What the task requires: Within the entries that follow, report how many lines contain the word "Supervision", giving the number by itself.

[Saved entries]
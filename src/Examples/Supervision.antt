-- ===== src/Examples/Supervision.antt =====
-- A supervisor whose trading component keeps failing, and a monitor that loses a heartbeat.
use crypto_ai_trader.Base.{
  ℕ, ◌≡◌, ◌≢◌, ◌↔◌, ◌+◌, ◌*◌, ◌≤◌, refl, arith, List, [], ◌∷◌, none, some, true, false, ok,
}
use crypto_ai_trader.Runtime.Supervisor.{ingestion, trading, Outcome, returned, raised, Settings}
use crypto_ai_trader.Runtime.Supervisor.System.{
  System, Action, turn, started, run, turns, Ending, returns, keyboard_interrupt, run_supervisor,
}
use crypto_ai_trader.Runtime.Supervisor.Schedule.{worker_of, run_ends}
use crypto_ai_trader.Runtime.Supervisor.Interrupts.{uncaught, interrupted}
use crypto_ai_trader.Runtime.Supervisor.Ends.{IsEnd, run_supervisor_ends}
use crypto_ai_trader.Runtime.Supervisor.Monitor.{Monitor, Checks, watch, losses, recoveries}
use crypto_ai_trader.Runtime.Supervisor.Monitor.Edges.{
  stale_at_end, turns_stale, turns_fresh, watch-counts,
}

abbrev settings : Settings
settings = record { max_restarts = 1; cooldown_seconds = 0; dedup_window = 300_000_000 }

abbrev broken : Outcome
broken = raised (record { kind = "ValueError"; text = "no data" })

-- Trading fails twice while ingestion comes back after one crash.
abbrev actions : List Action
actions =
    turn trading 1 broken
    ∷ turn ingestion 2 broken
    ∷ turn trading 3 broken
    ∷ turn ingestion 4 returned
    ∷ turn ingestion 5 returned
    ∷ []

abbrev last : System
last = run settings actions (started [])

trading_failed : (last.trade.runs ≡ 2) × (last.shared.stop ≡ true) × (last.ingest.alive ≡ false)
unfolding run crypto_ai_trader.Notifications.Dedup.should_notify
trading_failed = (refl, refl, refl)

-- The stop event is set before its last turn, and ingestion is run again all the same.
ingestion_run_again : (last.ingest.runs ≡ 2) × (last.ingest.error ≡ none)
unfolding run
ingestion_run_again = (refl, refl)

run_ends_example :
    ((worker_of trading last).runs ≤ settings.max_restarts + 1)
    × ((settings.max_restarts + 1 ≤ turns trading actions)
        → ((worker_of trading last).alive ≡ false))
    × (((worker_of trading last).error ≢ none)
        → ((worker_of trading last).alive ≡ false)
          × ((worker_of trading last).runs ≡ settings.max_restarts + 1)
          × (last.shared.stop ≡ true))
run_ends_example = run_ends settings [] actions trading

run_supervisor_ends_example :
    (z : System) × (ending : Ending) × (run_supervisor settings 300 300 [] actions ≡ ok (z, ending))
    × ((ending ≡ keyboard_interrupt) ↔ (uncaught settings actions (started []) ≡ true))
    × ((interrupted actions ≡ true)
        → (uncaught settings actions (started []) ≡ false)
        → ending ≡ returns)
    × IsEnd settings z ending
unfolding turns
run_supervisor_ends_example =
    run_supervisor_ends settings 300 300 [] actions (omega arith) (omega arith) (omega arith)
      (omega arith)

abbrev second : ℕ
second = 1_000_000

abbrev watching : Monitor
watching = record {
  heartbeat_stale_alerted = false;
  last_confirmed_heartbeat = none;
  recorded = [];
  sent = [];
  entries = [];
}

-- Heartbeats at 0 s, 300 s and 420 s, with checks at 60 s, 180 s, 390 s and 430 s.
abbrev checks : Checks
checks =
    (60 * second, some 0)
    ∷ (180 * second, some 0)
    ∷ (390 * second, some (300 * second))
    ∷ (430 * second, some (420 * second))
    ∷ []

watch-counts_example :
    ((watch 300 checks watching).heartbeat_stale_alerted ≡ stale_at_end false checks)
    × (losses (watch 300 checks watching).recorded ≡ 0 + turns_stale false checks)
    × (recoveries (watch 300 checks watching).recorded ≡ 0 + turns_fresh false checks)
watch-counts_example = watch-counts 300 checks watching

-- The heartbeat that ends the outage is 90 s old at its check: the alert is closed, and no
-- recovery is recorded, then or at a later check.
recovery_unreported :
    ((watch 300 checks watching).heartbeat_stale_alerted ≡ false)
    × (losses (watch 300 checks watching).recorded ≡ 1)
    × (recoveries (watch 300 checks watching).recorded ≡ 0)
unfolding watch crypto_ai_trader.Notifications.Dedup.should_notify
recovery_unreported = (refl, refl, refl)
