-- ===== src/Strategies/Momentum/Alignment.antt =====
-- When the momentum strategy proposes a trade.
use crypto_ai_trader.Base.{
  ◌≡◌, ◌≢◌, String, List, Option, none, some, true, false, last?, ok, arith, refl, Bool-cases, inl,
  inr,
}
use crypto_ai_trader.Decimal.{Decimal, dec, nought, le, lt, sub, mul}
use crypto_ai_trader.Strategies.Base.{Time, TradeCandidate, trade_candidate, candidate_is_valid}
use crypto_ai_trader.Features.Builder.{TrendState, up, down, CandleFeatures}
use crypto_ai_trader.Strategies.Momentum.{
  is_up, is_down, momentum_candidate, from_levels, from_latest, from_features,
  generate_momentum_candidate,
}

-- The latest features of the three timeframes agree: 15m and 1h up, 4h not down, the close above
-- the fast average, and a positive stop two average ranges below it.
abbrev pub IsAligned : CandleFeatures → CandleFeatures → CandleFeatures → TradeCandidate → Type 0
IsAligned m15 h1 h4 c =
    (m15.trend_state ≡ up)
    × (h1.trend_state ≡ up)
    × (h4.trend_state ≢ down)
    × (fast : Decimal) × (range : Decimal) × (m15.ema_fast ≡ some fast)
    × (m15.atr_14 ≡ some range)
    × (lt fast m15.close ≡ true)
    × (c.entry_reference ≡ m15.close)
    × (c.stop_reference ≡ sub m15.close (mul range (dec 2 0)))
    × (lt nought c.stop_reference ≡ true)

module _ (symbol : String) (now : Time) where
  from_levels-some :
      (close : Decimal) (fast range : Option Decimal) {c : TradeCandidate}
      → from_levels symbol now close fast range ≡ ok (some c)
      → (f : Decimal) × (r : Decimal) × (fast ≡ some f)
        × (range ≡ some r)
        × (lt f close ≡ true)
        × (c ≡ momentum_candidate symbol now close (sub close (mul r (dec 2 0))))
        × (lt nought (sub close (mul r (dec 2 0))) ≡ true)
        × (candidate_is_valid c ≡ true)
  unfolding trade_candidate
  from_levels-some close none range h = absurd (ground arith)
  from_levels-some close (some f) none h = absurd (ground arith)
  from_levels-some close (some f) (some r) {c} h =
      let stop = sub close (mul r (dec 2 0)) in
      elim (Bool-cases (le close f)) [
        | inl low ↦ absurd (ground arith)
        | inr above ↦ elim (Bool-cases (le stop nought)) [
          | inl below ↦ absurd (ground arith)
          | inr placed ↦
              elim (Bool-cases (candidate_is_valid (momentum_candidate symbol now close stop))) [
                | inl valid ↦
                    let same : c ≡ momentum_candidate symbol now close stop = ground arith in
                    (f, r, refl, refl, rw above, same, rw placed, rw same valid)
                | inr invalid ↦ absurd (ground arith)
              ]
        ]
      ]

  is_up-eq : (t : TrendState) → is_up t ≡ true → t ≡ up
  is_up-eq t h = ground arith

  is_down-ne : (t : TrendState) → is_down t ≡ false → t ≢ down
  is_down-ne t h = ground arith

  from_latest-IsAligned :
      (m15 h1 h4 : CandleFeatures) {c : TradeCandidate}
      → from_latest symbol now m15 h1 h4 ≡ ok (some c)
      → IsAligned m15 h1 h4 c × (c.symbol ≡ symbol) × (candidate_is_valid c ≡ true)
  unfolding from_latest momentum_candidate
  from_latest-IsAligned m15 h1 h4 {c} h = elim (Bool-cases (is_down h4.trend_state)) [
    | inl falls ↦ absurd (ground arith)
    | inr holds ↦ elim (Bool-cases (is_up h1.trend_state)) [
      | inr flat ↦ absurd (ground arith)
      | inl rises ↦ elim (Bool-cases (is_up m15.trend_state)) [
        | inr slow ↦ absurd (ground arith)
        | inl quick ↦
            let (f, r, ef, er, above, same, placed, valid) =
              from_levels-some m15.close m15.ema_fast m15.atr_14 {c = c} (ground arith) in
            (
              (
                is_up-eq m15.trend_state quick,
                is_up-eq h1.trend_state rises,
                is_down-ne h4.trend_state holds,
                f,
                r,
                ef,
                er,
                above,
                rw same,
                rw same,
                rw same placed,
              ),
              rw same,
              valid,
            )
      ]
    ]
  ]

  from_features-IsAligned :
      (m15 h1 h4 : Option CandleFeatures) {c : TradeCandidate}
      → from_features symbol now m15 h1 h4 ≡ ok (some c)
      → (a : CandleFeatures) × (b : CandleFeatures) × (d : CandleFeatures) × (m15 ≡ some a)
        × (h1 ≡ some b)
        × (h4 ≡ some d)
        × IsAligned a b d c
        × (c.symbol ≡ symbol)
        × (candidate_is_valid c ≡ true)
  from_features-IsAligned none h1 h4 h = absurd (ground arith)
  from_features-IsAligned (some a) none h4 h = absurd (ground arith)
  from_features-IsAligned (some a) (some b) none h = absurd (ground arith)
  from_features-IsAligned (some a) (some b) (some d) {c} h =
      let (aligned, named, valid) = from_latest-IsAligned a b d {c = c} h in
      (a, b, d, refl, refl, refl, aligned, named, valid)

-- A candidate is proposed only when each timeframe has features and the latest of them are
-- aligned; it names the symbol asked for, and it passes the validation of its constructor.
pub generate_momentum_candidate-IsAligned :
    (symbol : String) (f15 f1 f4 : List CandleFeatures) (now : Time) {c : TradeCandidate}
    → generate_momentum_candidate symbol f15 f1 f4 now ≡ ok (some c)
    → (m15 : CandleFeatures) × (h1 : CandleFeatures) × (h4 : CandleFeatures) × (last? f15
        ≡ some m15)
      × (last? f1 ≡ some h1)
      × (last? f4 ≡ some h4)
      × IsAligned m15 h1 h4 c
      × (c.symbol ≡ symbol)
      × (candidate_is_valid c ≡ true)
unfolding generate_momentum_candidate
generate_momentum_candidate-IsAligned symbol f15 f1 f4 now {c} h =
    from_features-IsAligned symbol now (last? f15) (last? f1) (last? f4) {c = c} h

The answer: 2